PROBLEM STATEMENT
Among the lines below, restate word for word only those from the line with "n) (most : ℕ)" through the line with "h).at ≡ wake", with both end lines kept.

Collected data entries:
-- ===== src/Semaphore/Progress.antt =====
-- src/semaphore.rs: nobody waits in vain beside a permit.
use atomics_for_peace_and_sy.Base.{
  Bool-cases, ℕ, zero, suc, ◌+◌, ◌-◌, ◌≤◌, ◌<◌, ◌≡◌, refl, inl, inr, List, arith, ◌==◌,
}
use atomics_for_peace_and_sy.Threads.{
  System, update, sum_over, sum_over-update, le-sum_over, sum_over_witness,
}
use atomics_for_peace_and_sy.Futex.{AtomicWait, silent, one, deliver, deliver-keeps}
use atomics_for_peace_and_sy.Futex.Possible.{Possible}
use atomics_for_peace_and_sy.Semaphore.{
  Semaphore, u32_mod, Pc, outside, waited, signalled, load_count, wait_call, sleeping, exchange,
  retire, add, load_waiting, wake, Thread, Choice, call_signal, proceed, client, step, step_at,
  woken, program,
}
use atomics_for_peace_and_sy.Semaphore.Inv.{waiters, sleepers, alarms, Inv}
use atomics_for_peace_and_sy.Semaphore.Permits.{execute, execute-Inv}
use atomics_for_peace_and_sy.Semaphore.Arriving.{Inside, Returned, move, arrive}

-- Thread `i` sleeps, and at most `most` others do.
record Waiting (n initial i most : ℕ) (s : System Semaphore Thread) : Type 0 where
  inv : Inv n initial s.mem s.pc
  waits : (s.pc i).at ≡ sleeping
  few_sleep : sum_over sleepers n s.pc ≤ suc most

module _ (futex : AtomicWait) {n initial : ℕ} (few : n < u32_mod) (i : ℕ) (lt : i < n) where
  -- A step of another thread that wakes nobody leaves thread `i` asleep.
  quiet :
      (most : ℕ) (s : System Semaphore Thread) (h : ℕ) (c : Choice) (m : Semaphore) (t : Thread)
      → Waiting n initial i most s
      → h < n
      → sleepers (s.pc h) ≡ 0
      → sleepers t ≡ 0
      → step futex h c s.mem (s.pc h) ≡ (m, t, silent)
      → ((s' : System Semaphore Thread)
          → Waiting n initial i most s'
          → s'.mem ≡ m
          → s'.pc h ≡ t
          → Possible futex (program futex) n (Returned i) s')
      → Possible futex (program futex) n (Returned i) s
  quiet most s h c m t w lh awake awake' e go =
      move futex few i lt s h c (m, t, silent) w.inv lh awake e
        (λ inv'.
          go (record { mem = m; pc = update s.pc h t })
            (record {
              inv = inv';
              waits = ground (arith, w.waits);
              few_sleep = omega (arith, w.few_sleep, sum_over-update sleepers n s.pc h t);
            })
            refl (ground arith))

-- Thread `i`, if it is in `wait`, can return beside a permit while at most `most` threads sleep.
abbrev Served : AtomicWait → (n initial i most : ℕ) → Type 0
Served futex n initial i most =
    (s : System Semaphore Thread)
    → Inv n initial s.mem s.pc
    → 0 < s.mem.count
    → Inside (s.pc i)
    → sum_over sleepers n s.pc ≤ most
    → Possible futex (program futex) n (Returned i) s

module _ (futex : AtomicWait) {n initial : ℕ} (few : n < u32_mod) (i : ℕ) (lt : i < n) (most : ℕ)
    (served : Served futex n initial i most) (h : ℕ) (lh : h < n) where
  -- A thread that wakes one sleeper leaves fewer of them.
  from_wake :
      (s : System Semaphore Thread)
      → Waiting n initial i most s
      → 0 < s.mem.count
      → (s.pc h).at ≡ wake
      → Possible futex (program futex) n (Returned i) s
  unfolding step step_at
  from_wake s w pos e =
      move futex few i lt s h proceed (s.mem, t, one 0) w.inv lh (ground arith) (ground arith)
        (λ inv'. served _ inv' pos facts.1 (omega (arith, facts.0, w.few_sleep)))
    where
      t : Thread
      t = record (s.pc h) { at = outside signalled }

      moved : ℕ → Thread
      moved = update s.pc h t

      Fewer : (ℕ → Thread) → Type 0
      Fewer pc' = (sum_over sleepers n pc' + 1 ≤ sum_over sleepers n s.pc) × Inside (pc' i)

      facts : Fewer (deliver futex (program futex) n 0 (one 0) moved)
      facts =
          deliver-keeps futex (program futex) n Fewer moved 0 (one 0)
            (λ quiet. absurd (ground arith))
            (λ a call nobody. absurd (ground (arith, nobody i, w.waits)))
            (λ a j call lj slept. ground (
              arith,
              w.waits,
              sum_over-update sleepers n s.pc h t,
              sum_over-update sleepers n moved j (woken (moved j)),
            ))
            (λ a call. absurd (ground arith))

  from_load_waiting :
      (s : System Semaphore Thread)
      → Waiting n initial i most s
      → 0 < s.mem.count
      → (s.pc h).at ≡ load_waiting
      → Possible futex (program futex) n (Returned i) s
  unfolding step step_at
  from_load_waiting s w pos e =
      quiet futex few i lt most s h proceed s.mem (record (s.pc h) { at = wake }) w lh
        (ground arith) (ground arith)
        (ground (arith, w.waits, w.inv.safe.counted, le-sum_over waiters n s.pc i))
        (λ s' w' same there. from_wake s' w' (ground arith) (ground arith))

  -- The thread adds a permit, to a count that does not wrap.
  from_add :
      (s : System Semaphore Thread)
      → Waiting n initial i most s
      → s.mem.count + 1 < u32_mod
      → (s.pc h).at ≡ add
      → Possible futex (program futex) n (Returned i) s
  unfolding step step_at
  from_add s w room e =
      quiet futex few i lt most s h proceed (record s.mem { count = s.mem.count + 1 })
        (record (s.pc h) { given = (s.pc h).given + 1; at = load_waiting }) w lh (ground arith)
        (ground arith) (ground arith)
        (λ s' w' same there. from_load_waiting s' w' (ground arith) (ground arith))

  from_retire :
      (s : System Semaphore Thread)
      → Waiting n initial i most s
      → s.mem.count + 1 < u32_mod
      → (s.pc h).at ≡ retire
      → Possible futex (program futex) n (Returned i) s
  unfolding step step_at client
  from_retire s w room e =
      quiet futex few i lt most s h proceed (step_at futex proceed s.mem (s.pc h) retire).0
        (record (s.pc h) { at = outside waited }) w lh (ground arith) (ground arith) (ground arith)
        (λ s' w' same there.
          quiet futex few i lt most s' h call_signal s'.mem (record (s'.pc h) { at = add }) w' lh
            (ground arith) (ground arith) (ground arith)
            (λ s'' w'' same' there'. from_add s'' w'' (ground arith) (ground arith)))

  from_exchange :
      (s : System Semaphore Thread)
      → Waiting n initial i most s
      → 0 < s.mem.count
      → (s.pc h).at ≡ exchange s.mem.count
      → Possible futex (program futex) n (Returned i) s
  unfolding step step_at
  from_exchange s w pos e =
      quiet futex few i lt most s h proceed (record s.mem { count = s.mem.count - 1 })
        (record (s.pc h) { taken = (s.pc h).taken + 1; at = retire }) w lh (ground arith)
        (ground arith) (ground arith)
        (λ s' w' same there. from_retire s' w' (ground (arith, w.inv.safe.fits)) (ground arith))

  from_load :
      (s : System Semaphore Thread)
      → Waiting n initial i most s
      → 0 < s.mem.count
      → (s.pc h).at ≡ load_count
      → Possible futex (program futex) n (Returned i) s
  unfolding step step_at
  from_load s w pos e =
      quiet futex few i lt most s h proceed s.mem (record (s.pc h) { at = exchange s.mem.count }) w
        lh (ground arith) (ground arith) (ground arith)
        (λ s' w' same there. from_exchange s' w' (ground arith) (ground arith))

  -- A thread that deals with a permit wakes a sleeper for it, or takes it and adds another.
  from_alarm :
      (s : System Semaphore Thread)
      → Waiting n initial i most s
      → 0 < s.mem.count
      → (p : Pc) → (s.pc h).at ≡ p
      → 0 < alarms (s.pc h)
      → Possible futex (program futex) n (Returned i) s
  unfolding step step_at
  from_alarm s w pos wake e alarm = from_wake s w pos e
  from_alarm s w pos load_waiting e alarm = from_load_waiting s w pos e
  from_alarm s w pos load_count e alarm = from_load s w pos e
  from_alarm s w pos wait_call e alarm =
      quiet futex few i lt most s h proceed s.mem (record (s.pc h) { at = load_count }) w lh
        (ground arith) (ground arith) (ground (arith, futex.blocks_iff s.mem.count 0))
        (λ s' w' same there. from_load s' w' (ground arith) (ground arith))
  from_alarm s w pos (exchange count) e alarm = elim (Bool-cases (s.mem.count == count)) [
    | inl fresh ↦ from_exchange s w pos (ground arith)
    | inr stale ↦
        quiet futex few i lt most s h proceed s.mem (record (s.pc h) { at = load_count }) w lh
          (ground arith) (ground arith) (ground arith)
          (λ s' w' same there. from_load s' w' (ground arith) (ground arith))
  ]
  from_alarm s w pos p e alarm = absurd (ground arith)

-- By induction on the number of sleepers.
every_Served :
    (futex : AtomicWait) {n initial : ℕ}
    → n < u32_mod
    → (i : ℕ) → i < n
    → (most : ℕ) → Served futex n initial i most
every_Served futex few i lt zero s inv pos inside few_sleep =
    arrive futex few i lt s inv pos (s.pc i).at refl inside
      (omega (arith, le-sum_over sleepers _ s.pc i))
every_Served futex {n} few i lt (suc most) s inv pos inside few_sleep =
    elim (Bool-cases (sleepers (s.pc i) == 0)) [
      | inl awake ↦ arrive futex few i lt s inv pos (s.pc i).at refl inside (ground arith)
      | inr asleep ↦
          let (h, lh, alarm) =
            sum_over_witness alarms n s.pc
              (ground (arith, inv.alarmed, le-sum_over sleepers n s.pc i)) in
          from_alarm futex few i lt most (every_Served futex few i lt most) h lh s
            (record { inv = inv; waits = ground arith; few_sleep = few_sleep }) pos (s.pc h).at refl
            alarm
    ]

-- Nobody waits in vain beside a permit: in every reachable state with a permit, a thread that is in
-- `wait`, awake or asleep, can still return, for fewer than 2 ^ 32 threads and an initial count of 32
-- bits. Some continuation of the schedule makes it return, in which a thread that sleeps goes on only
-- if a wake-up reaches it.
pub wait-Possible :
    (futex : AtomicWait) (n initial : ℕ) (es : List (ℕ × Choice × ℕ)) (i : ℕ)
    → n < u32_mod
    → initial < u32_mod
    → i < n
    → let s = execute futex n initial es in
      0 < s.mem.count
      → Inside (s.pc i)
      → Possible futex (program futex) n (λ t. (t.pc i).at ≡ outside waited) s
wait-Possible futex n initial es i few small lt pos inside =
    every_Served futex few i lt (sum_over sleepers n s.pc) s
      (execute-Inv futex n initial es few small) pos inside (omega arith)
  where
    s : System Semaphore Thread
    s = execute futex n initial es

WRITTEN RESPONSE
module _ (futex : AtomicWait) {n initial : ℕ} (few : n < u32_mod) (i : ℕ) (lt : i < n) (most : ℕ)
    (served : Served futex n initial i most) (h : ℕ) (lh : h < n) where
  -- A thread that wakes one sleeper leaves fewer of them.
  from_wake :
      (s : System Semaphore Thread)
      → Waiting n initial i most s
      → 0 < s.mem.count
      → (s.pc h).at ≡ wake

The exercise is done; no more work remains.